The entire system is designed around one principle: keep execution units busy by maintaining a large pool of independent work. When a warp stalls on memory (500 cycles), 11 other warps in that partition can fill the gap. When a block hits a barrier, other blocks on the same SM continue. When a kernel underutilizes one SM, the GigaThread engine launches new blocks on remaining SMs.

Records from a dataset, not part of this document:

-- ===== src/State/Events.antt =====
-- crates/blackbox-server/src/state.rs: what the event log keeps, and the time between resyncs.
use k_blackbox.Base.{
  ℕ, ◌-◌, ◌≡◌, refl, ap, ◌∙◌, List, [], ◌∷◌, String, str_eq, length, drop, leb, length-drop, min,
  trim_front-eq-drop, drop-drop, push_window, push_window-eq, arith, if◌then◌else◌,
}
use k_blackbox.Words.{Time, seconds_since}
use k_blackbox.DashMap.{get-insert}
use k_blackbox.State.{AppState, UiEventLogEntry, push_event, get_events, can_resync, record_resync}

module _ {D F : Type 0} where
  -- A run of events, each at its time.
  pub push_events : List UiEventLogEntry → AppState D F → AppState D F
  push_events [] s = s
  push_events (e ∷ es) s = push_events es (push_event e.timestamp e.event s)

  push_events-window :
      (es : List UiEventLogEntry) (s : AppState D F)
      → (push_events es s).event_log ≡ push_window 500 es s.event_log
  unfolding push_events push_event
  push_events-window [] s = refl
  push_events-window (e ∷ es) s = push_events-window es (push_event e.timestamp e.event s)

  -- After any run of events on a state with an empty log, `get_events` gives the latest ones in
  -- their order: as many as asked for, as were pushed and as the log holds, 500.
  pub get_events-push_events :
      (s : AppState D F) (es : List UiEventLogEntry) (limit : ℕ)
      → s.event_log ≡ []
      → get_events limit (push_events es s) ≡ drop (length es - min limit 500) es
  unfolding get_events
  get_events-push_events s es limit h =
      ap (λ l. drop (length l - limit) l) log
      ∙ drop-drop (length (drop (length es - 500) es) - limit) (length es - 500) es
      ∙ ap (λ n. drop n es) (omega (arith, length-drop (length es - 500) es))
    where
      log : (push_events es s).event_log ≡ drop (length es - 500) es
      log =
          push_events-window es s
          ∙ ap (push_window 500 es) h
          ∙ push_window-eq 500 es [] (omega arith)
          ∙ trim_front-eq-drop 500 es

  -- After a resync another one of the same symbol waits for three full seconds; the other symbols
  -- are not held back.
  pub can_resync-record_resync :
      (then' now : Time) (symbol other : String) (s : AppState D F)
      → can_resync now other (record_resync then' symbol s)
        ≡ (if str_eq symbol other then leb 3 (seconds_since now then') else can_resync now other s)
  unfolding can_resync record_resync
  can_resync-record_resync then' now symbol other s =
      ground (arith, get-insert symbol other then' s.last_resync)
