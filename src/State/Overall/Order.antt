-- ===== src/State/Overall/Order.antt =====
-- `DashMap` iterates in no fixed order, and `overall_health` goes through the symbols in that order.
use mathlib.Core.List.{Perm, Permᴰ}
use mathlib.Core.List.Perm as Reordering
use mathlib.Core.Logic.{∥∥₁_elim}
use k_blackbox.Base.{◌≡◌, refl, ap, ap₂, sym, ◌∙◌, List, [], ◌∷◌, arith}
use k_blackbox.Words.{Time, Float}
use k_blackbox.DashMap.{values}
use k_blackbox.Health.{HealthStatus, ok, status}
use k_blackbox.State.{AppState}
use k_blackbox.State.Overall.{better, min_from, worst_of, overall_health}

HealthStatus-set : IsSet HealthStatus
HealthStatus-set = hlevel

better_swap : (b s t : HealthStatus) → better (better b s) t ≡ better (better b t) s
better_swap b s t = ground arith

min_from-Permᴰ :
    {xs ys : List HealthStatus} → Permᴰ xs ys → (b : HealthStatus) → min_from b xs ≡ min_from b ys
unfolding min_from
min_from-Permᴰ Permᴰ.nil b = refl
min_from-Permᴰ (Permᴰ.cons {l₂ = ys} e p) b =
    min_from-Permᴰ p _ ∙ ap (λ s. min_from (better b s) ys) e
min_from-Permᴰ (Permᴰ.swap {a = s} {b = t} {l = r} e k) b =
    ap (λ x. min_from x r) (better_swap b s t) ∙ ap₂ (λ x y. min_from (better (better b x) y) r) k e
min_from-Permᴰ (Permᴰ.trans p q) b = min_from-Permᴰ p b ∙ min_from-Permᴰ q b

worst_of-eq : (ss : List HealthStatus) → worst_of ss ≡ min_from ok ss
unfolding min_from
worst_of-eq [] = refl
worst_of-eq (s ∷ ss) = ap (λ x. min_from x ss) (ok_first s)
  where
    ok_first : (s : HealthStatus) → s ≡ better ok s
    ok_first s = ground arith

worst_of-perm : (xs ys : List HealthStatus) → Perm xs ys → worst_of xs ≡ worst_of ys
worst_of-perm xs ys p =
    ∥∥₁_elim p (HealthStatus-set _ _)
      (λ q. worst_of-eq xs ∙ min_from-Permᴰ q ok ∙ sym (worst_of-eq ys))

module _ {D F : Type 0} (f : Float F) (now : Time) where
  -- Two states whose symbols have the same health, in whatever order the maps give them, have the same
  -- overall status.
  pub overall_health-perm :
      (s t : AppState D F)
      → Perm (values s.health) (values t.health)
      → (overall_health f now s).status ≡ (overall_health f now t).status
  unfolding overall_health
  overall_health-perm s t p = worst_of-perm _ _ (Reordering.map (status f now) p)
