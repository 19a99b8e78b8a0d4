-- ===== src/Subscriptions/Depths.antt =====
-- Which depth a request is turned into.
use k_blackbox.Base.{ℕ, ◌≤◌, ◌≡◌, ◌⊎◌, arith}
use k_blackbox.Subscriptions.{normalize_depth}

-- One of the five depths.
abbrev pub IsSupported : ℕ → Type 0
IsSupported n = (n ≡ 10) ⊎ (n ≡ 25) ⊎ (n ≡ 100) ⊎ (n ≡ 500) ⊎ (n ≡ 1000)

-- If some supported depth is not below the request, the depth asked of Kraken is the least such one.
pub normalize_depth-least :
    (depth s : ℕ)
    → IsSupported s
    → depth ≤ s
    → IsSupported (normalize_depth depth)
      × (depth ≤ normalize_depth depth)
      × (normalize_depth depth ≤ s)
unfolding normalize_depth
normalize_depth-least depth s i h = ground arith

normalize_depth-IsSupported : (depth : ℕ) → IsSupported (normalize_depth depth)
unfolding normalize_depth
normalize_depth-IsSupported depth = ground arith

-- Every subscription asks for at least the ten levels that the checksum covers.
pub normalize_depth-ge : (depth : ℕ) → 10 ≤ normalize_depth depth
unfolding normalize_depth
normalize_depth-ge depth = ground arith

normalize_depth_supported : (s : ℕ) → IsSupported s → normalize_depth s ≡ s
unfolding normalize_depth
normalize_depth_supported s i = ground arith

-- A supported depth is asked for as it is, and a second normalization changes nothing.
pub normalize_depth_idem :
    (depth : ℕ) → normalize_depth (normalize_depth depth) ≡ normalize_depth depth
normalize_depth_idem depth =
    normalize_depth_supported (normalize_depth depth) (normalize_depth-IsSupported depth)
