-- ===== src/Scenario/Failures/Worst.antt =====
-- services/scenario-service/app/failure_injector.py: the worst of several failures of the positioning.
use mathlib.Core.List.{Permᴰ}
use marga.Prelude.{
  ℕ, ◌≤◌, ◌<◌, ◌≡◌, refl, sym, ◌∙◌, ap, true, inl, inr, String, Option, List, [], ◌∷◌, min, max,
  ltb, ltb→lt, lt→ltb, if◌then◌else◌, Bool-cases, arith,
}
use marga.Scenario.Failures.{
  FailureEffect, PositionEstimate, degrades, uncertainty_of, new_confidence, worsen, worst_of,
  resolved, apply_gps_degradation,
}

-- The uncertainties of the effects on an actor.
unfoldable pub uncertainties : String → List FailureEffect → List ℕ
uncertainties actor [] = []
uncertainties actor (e ∷ es) =
    let rest = uncertainties actor es in if degrades actor e then uncertainty_of e ∷ rest else rest

unfoldable pub greatest : ℕ → List ℕ → ℕ
greatest u [] = u
greatest u (v ∷ vs) = greatest (max u v) vs

-- The confidence under a worst uncertainty, of a position with a confidence and an own uncertainty.
abbrev pub level : ℕ → ℕ → ℕ → ℕ
level confidence own worst = if ltb own worst then new_confidence confidence worst else confidence

level_least :
    (c own u v : ℕ) → u < v → min (level c own u) (new_confidence c v) ≡ new_confidence c v
level_least c own u v more = elim (Bool-cases (ltb own u)) [
  | inl worse ↦ rw worse (omega arith)
  | inr not_worse ↦ rw not_worse (omega arith)
]

level_own : (c own : ℕ) → level c own own ≡ c
level_own c own = ground arith

worsen-level :
    (c own u v : ℕ) → own ≤ u → worsen c v (u, level c own u) ≡ (max u v, level c own (max u v))
unfolding worsen
worsen-level c own u v h = elim (Bool-cases (ltb u v)) [
  | inl more ↦
      let less : u < v = ltb→lt u v more in
      let top : max u v ≡ v = omega (arith, less) in
      let worse : ltb own v ≡ true = lt→ltb own v (omega (arith, less)) in
      rw (top, more, worse, level_least c own u v less) refl
  | inr no_more ↦ let top : max u v ≡ u = ground (arith, lt→ltb u v) in rw (top, no_more) refl
]

worst_of-level :
    (actor : String) (c own u : ℕ) (es : List FailureEffect)
    → own ≤ u
    → worst_of actor c es (u, level c own u)
      ≡ (greatest u (uncertainties actor es), level c own (greatest u (uncertainties actor es)))
unfolding worst_of uncertainties greatest
worst_of-level actor c own u [] h = refl
worst_of-level actor c own u (e ∷ es) h = elim (Bool-cases (degrades actor e)) [
  | inl hit ↦
      rw (hit, worsen-level c own u (uncertainty_of e) h)
        (worst_of-level actor c own (max u (uncertainty_of e)) es (omega (arith, h)))
  | inr other ↦ rw other (worst_of-level actor c own u es h)
]

-- The greatest uncertainty so far, after one more effect.
abbrev grown : String → ℕ → FailureEffect → ℕ
grown actor u e = if degrades actor e then max u (uncertainty_of e) else u

greatest-grown :
    (actor : String) (u : ℕ) (e : FailureEffect) (es : List FailureEffect)
    → greatest u (uncertainties actor (e ∷ es))
      ≡ greatest (grown actor u e) (uncertainties actor es)
unfolding uncertainties greatest
greatest-grown actor u e es = elim (Bool-cases (degrades actor e)) [
  | inl hit ↦ rw hit refl
  | inr other ↦ rw other refl
]

grown-swap :
    (actor : String) (u : ℕ) (a b : FailureEffect)
    → grown actor (grown actor u a) b ≡ grown actor (grown actor u b) a
grown-swap actor u a b = elim (Bool-cases (degrades actor a)) [
  | inr other ↦ rw other refl
  | inl hit ↦ elim (Bool-cases (degrades actor b)) [
    | inr other ↦ rw (hit, other) refl
    | inl both ↦ rw (hit, both) (omega arith)
  ]
]

greatest-Perm :
    (actor : String) {es fs : List FailureEffect} (u : ℕ)
    → Permᴰ es fs
    → greatest u (uncertainties actor es) ≡ greatest u (uncertainties actor fs)
greatest-Perm actor u Permᴰ.nil = refl
greatest-Perm actor u (Permᴰ.cons {a} {b} {l₁} {l₂} e d) =
    greatest-grown actor u a l₁
    ∙ greatest-Perm actor (grown actor u a) d
    ∙ ap (λ x. greatest (grown actor u x) (uncertainties actor l₂)) e
    ∙ sym (greatest-grown actor u b l₂)
greatest-Perm actor u (Permᴰ.swap {a} {b} {a' = c} {b' = d} {l} ad bc) =
    greatest-grown actor u a (b ∷ l)
    ∙ greatest-grown actor (grown actor u a) b l
    ∙ ap (λ w. greatest w (uncertainties actor l)) (grown-swap actor u a b)
    ∙ ap (λ x. greatest (grown actor (grown actor u x) a) (uncertainties actor l)) bc
    ∙ ap (λ x. greatest (grown actor (grown actor u c) x) (uncertainties actor l)) ad
    ∙ sym (greatest-grown actor (grown actor u c) d l)
    ∙ sym (greatest-grown actor u c (d ∷ l))
greatest-Perm actor u (Permᴰ.trans d e) = greatest-Perm actor u d ∙ greatest-Perm actor u e

-- Whatever the order of the effects, the position that an actor gets has the greatest of its own uncertainty
-- and those of the effects on the actor. Where that is not its own, its confidence is less by a hundredth of
-- it, by one at most and not below nought; else the confidence stays.
pub apply_gps_degradation-worst :
    (p : PositionEstimate) (effects : List FailureEffect) {ordered : List FailureEffect}
    (actor : Option String)
    → Permᴰ effects ordered
    → let worst = greatest p.uncertainty_m (uncertainties (resolved actor p) effects) in
      apply_gps_degradation p ordered actor
      ≡ record p { uncertainty_m = worst; confidence = level p.confidence p.uncertainty_m worst }
unfolding apply_gps_degradation
apply_gps_degradation-worst p effects {ordered} actor order =
    ap (λ (w : ℕ × ℕ). record p { uncertainty_m = w.0; confidence = w.1 })
      (ap (λ k. worst_of (resolved actor p) p.confidence ordered (p.uncertainty_m, k))
          (sym (level_own p.confidence p.uncertainty_m))
        ∙ worst_of-level (resolved actor p) p.confidence p.uncertainty_m p.uncertainty_m ordered
            (omega arith)
        ∙ ap (λ w. (w, level p.confidence p.uncertainty_m w))
            (sym (greatest-Perm (resolved actor p) p.uncertainty_m order)))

The practical consequence for kernel developers: measure stall reasons with Nsight Compute, identify whether the kernel is memory-bound or compute-bound, and apply the appropriate strategy — tiling and caching for memory-bound kernels, reducing occupancy constraints for compute-bound kernels, and always measuring the actual utilization against the theoretical model.